What the exercise asks: Only the number is needed: count the lines below that hold the string "omega".

Entries provided:

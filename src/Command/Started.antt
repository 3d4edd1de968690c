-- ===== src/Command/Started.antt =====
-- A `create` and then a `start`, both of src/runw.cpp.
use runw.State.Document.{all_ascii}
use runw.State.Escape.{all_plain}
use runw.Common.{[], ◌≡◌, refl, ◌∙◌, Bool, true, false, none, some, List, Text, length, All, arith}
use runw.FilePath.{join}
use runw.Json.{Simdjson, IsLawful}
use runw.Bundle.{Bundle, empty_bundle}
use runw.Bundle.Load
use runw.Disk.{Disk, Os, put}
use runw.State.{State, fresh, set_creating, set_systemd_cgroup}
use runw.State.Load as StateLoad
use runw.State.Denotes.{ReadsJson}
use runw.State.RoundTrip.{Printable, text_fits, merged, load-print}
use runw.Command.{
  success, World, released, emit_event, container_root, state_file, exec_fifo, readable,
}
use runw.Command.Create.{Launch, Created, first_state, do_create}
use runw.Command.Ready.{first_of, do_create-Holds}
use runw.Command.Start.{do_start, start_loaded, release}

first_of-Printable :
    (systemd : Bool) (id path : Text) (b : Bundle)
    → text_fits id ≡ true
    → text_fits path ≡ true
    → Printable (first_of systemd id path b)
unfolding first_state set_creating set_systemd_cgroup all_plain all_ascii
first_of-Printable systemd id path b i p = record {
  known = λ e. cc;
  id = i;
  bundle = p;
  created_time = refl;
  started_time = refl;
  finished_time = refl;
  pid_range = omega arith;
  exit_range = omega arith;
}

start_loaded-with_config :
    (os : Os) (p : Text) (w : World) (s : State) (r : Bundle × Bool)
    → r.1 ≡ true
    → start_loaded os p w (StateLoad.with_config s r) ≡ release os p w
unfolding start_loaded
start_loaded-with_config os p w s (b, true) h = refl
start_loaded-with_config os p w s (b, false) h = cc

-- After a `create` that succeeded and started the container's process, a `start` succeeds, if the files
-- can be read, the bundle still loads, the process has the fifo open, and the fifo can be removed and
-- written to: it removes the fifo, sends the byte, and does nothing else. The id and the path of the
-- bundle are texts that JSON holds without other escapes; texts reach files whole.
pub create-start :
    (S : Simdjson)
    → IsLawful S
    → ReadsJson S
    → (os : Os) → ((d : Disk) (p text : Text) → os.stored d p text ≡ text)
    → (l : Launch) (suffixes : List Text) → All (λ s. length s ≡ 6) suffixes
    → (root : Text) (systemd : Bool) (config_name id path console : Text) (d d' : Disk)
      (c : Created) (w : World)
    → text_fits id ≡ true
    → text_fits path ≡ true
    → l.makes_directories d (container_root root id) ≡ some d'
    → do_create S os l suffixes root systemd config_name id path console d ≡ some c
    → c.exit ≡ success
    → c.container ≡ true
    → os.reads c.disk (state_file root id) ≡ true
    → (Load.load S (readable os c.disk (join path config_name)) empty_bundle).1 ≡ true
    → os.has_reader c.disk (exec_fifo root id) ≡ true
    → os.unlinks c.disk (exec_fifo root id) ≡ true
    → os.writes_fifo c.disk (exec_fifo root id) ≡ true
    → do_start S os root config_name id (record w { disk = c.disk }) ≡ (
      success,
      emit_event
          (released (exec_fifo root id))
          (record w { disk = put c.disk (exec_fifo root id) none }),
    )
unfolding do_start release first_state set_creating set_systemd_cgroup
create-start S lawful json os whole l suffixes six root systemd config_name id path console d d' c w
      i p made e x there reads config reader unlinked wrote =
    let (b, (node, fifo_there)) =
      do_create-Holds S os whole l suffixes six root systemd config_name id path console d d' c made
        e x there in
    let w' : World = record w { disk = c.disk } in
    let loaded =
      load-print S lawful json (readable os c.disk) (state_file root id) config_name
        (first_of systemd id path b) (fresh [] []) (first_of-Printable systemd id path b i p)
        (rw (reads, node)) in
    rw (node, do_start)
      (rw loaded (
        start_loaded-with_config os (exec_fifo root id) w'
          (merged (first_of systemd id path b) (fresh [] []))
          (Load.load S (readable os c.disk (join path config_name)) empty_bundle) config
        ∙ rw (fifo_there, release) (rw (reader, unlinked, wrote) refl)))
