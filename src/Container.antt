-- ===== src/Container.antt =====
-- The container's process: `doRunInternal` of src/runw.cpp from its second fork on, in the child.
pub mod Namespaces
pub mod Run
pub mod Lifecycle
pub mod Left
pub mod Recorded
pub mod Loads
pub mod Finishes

Solved exercise: 2